# Introduction

## Project goal

`tg2hdl` explores a practical question: **can we take neural-network math from tinygrad and map it to a hardware-friendly datapath?**

The current focus is intentionally narrow and concrete:

- a tiny 2-layer MNIST MLP,
- the key matrix-vector kernels in that model,
- and a sequential INT8 GEMV implementation in Amaranth HDL.

This repo is a prototype to validate correctness, interfaces, and timing behavior before bigger steps like kernel auto-generation and parallel MAC architectures.

## End-to-end flow today

At a high level, the workflow is:

1. Build / inspect a tinygrad model and identify kernel shapes (`inspect_kernels.py`).
2. Train and export model parameters (`train_mnist.py` → `mnist_weights.safetensors`).
3. Implement hardware building blocks in Amaranth (`hdl/gemv.py`, `hdl/relu.py`).
4. Validate behavior cycle-by-cycle in simulation (`tests/test_gemv.py`).

The current hardware primitive is GEMV because the model is run with batch size 1, so matrix multiplications collapse to matrix-vector products.

## Is this auto-generated from Python today?

**Partially, but not end-to-end auto-generated yet.**

- tinygrad is used in Python to define/inspect model compute and kernel structure.
- Amaranth is also Python, but the HDL module (`GEMVUnit`) is currently **hand-authored**.
- Tests compare the hardware simulation output against NumPy reference math for correctness.

So the project already has Python at every stage, but there is **not yet** an automatic compiler pass that converts tinygrad kernel IR directly into Amaranth modules.
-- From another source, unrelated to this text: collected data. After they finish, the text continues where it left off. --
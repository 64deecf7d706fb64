-- ===== src/TimerQueue/Cancel.antt =====
-- `cancelInLoop` of net/TimerQueue.cc keeps the invariant.
use libanet.Common.{
  ℕ, ◌-◌, ◌≡◌, ◌≢◌, refl, sym, ap, subst, ◌∙◌, Bool, true, false, not, ◌&&◌, Option, none, some,
  List, [], ◌∷◌, arith,
}
use libanet.TimerQueue.{
  Timer, Entry, TimerQueue, is_key, erase_active, erase_entry, store, cancel_active,
}
use libanet.TimerQueue.Sets.{
  In, In-contains, In-erase_entry, erase_entry-In_ne, length-erase_entry, erase_entry-IsSorted,
  erase_entry-not_In, entry_eq,
}
use libanet.TimerQueue.Invariant.{
  entry, IsScheduled, IsActive, Inv, IsIdle, AllIdle, is_key-ne, idle-ne, store_other,
}

pub same_timer : (m n : Timer) (o : Option Timer) → o ≡ some m → o ≡ some n → m ≡ n
same_timer m n o h k = cc

-- The queue without the timer.
unfoldable pub canceled : TimerQueue → ℕ → ℕ → Timer → TimerQueue
canceled q p s t = record q {
  timers = erase_entry (entry t.expiration p) q.timers;
  heap = store q.heap p none;
  active_timers = record {
    has = λ p' s'. not (is_key p s p' s') && q.active_timers.has p' s';
    size = q.active_timers.size - 1;
  };
}

module _ (q : TimerQueue) (p s : ℕ) (v : Inv q) (has : q.active_timers.has p s ≡ true) where
  abbrev pub found : IsActive q p s
  found = v.active p s has

  abbrev here : Entry
  here = entry found.timer.expiration p

  pub cancel_active-canceled : cancel_active q p s ≡ some (canceled q p s found.timer)
  unfolding cancel_active canceled erase_active
  cancel_active-canceled =
      rw (found.stored, In-contains (entry found.timer.expiration p) q.timers found.listed, has)
        refl

  other_entry : (e : Entry) → In e (erase_entry here q.timers) → IsScheduled q e → e.timer ≢ p
  other_entry e m k same =
      let t =
        same_timer k.timer found.timer (q.heap p) (sym (ap q.heap same) ∙ k.stored) found.stored in
      let whole = entry_eq e here (sym k.time ∙ ap (λ x. x.expiration) t) same in
      erase_entry-not_In here q.timers v.sorted
        (subst (λ x. In x (erase_entry here q.timers)) whole m)

  left-IsScheduled :
      (e : Entry)
      → In e (canceled q p s found.timer).timers
      → IsScheduled (canceled q p s found.timer) e
  unfolding canceled
  left-IsScheduled e m =
      let k = v.scheduled e (In-erase_entry here e q.timers m) in
      let n = other_entry e m k in
      record {
        timer = k.timer;
        stored = store_other q.heap p e.timer none n ∙ k.stored;
        time = k.time;
        listed =
            ap (λ b. not b && q.active_timers.has e.timer k.timer.sequence)
              (is_key-ne p s e.timer k.timer.sequence n)
            ∙ k.listed;
        address = k.address;
      }

  was_active : (b c : Bool) → (not b && c) ≡ true → (b ≡ false) × (c ≡ true)
  was_active b c h = ground arith

  other_timer : (p' s' : ℕ) → is_key p s p' s' ≡ false → IsActive q p' s' → p' ≢ p
  other_timer p' s' n k same =
      let t =
        same_timer k.timer found.timer (q.heap p) (sym (ap q.heap same) ∙ k.stored) found.stored in
      let seq = sym k.same ∙ ap (λ x. x.sequence) t ∙ found.same in ground (arith, n, same, seq)

  active_then :
      (p' s' : ℕ)
      → (canceled q p s found.timer).active_timers.has p' s' ≡ true
      → IsActive (canceled q p s found.timer) p' s'
  unfolding canceled
  active_then p' s' h =
      let (n, old) = was_active (is_key p s p' s') (q.active_timers.has p' s') h in
      let k = v.active p' s' old in
      let other = other_timer p' s' n k in
      record {
        timer = k.timer;
        stored = store_other q.heap p p' none other ∙ k.stored;
        same = k.same;
        listed =
            erase_entry-In_ne here (entry k.timer.expiration p') q.timers
              (λ e. other (ap (λ x. x.timer) e)) k.listed;
      }

  pub canceled-Inv : Inv (canceled q p s found.timer)
  unfolding canceled
  canceled-Inv = record {
    sorted = erase_entry-IsSorted here q.timers v.sorted;
    sizes = omega (arith, length-erase_entry here q.timers found.listed, v.sizes);
    scheduled = left-IsScheduled;
    active = active_then;
  }

  canceled-IsIdle : (p' : ℕ) → IsIdle q p' → IsIdle (canceled q p s found.timer) p'
  unfolding canceled
  canceled-IsIdle p' i = record {
    timer = i.timer;
    stored = store_other q.heap p p' none (λ e. idle-ne q p' p s i has (sym e)) ∙ i.stored;
    address = i.address;
    absent = λ s'. gone (is_key p s p' s') (q.active_timers.has p' s') (i.absent s');
  }
    where
      gone : (b c : Bool) → c ≡ false → (not b && c) ≡ false
      gone b c h = ground arith

  pub canceled-AllIdle : (es : List Entry) → AllIdle q es → AllIdle (canceled q p s found.timer) es
  canceled-AllIdle [] k = tt
  canceled-AllIdle (e ∷ es) k = (canceled-IsIdle e.timer k.0, canceled-AllIdle es k.1)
That is a planned direction.

## What exists now vs. what is planned

### Implemented now

- Sequential single-MAC GEMV with INT8 × INT8 multiply and INT32 accumulation.
- FSM-driven control (`IDLE → COMPUTE → EMIT → DONE`).
- Deterministic and randomized simulation tests, including timing checks.

### Planned next

- Multi-MAC parallelization.
- Bias and activation chaining for fuller layer execution.
- Better handling of larger kernel dimensions.
- **Auto-generation from tinygrad kernel IR to hardware templates**.

## Why this shape is valuable

This incremental structure keeps risk low:

- validate numeric behavior early,
- make cycle costs explicit,
- and keep hardware/software assumptions transparent.

In short, this repo is the bridge between model-kernel understanding and hardware realization, with correctness-first tooling to support iteration.

## Are these docs auto-generated from Python docstrings?

Partially. Guides are hand-written, and API reference pages are auto-generated with **Sphinx autodoc**.

- Narrative pages in `docs/guide/*.md` are written manually.
- `docs/guide/api-reference.md` renders API docs from Python modules/docstrings automatically via `automodule`.
- This gives both high-level explainers and synchronized code-level reference.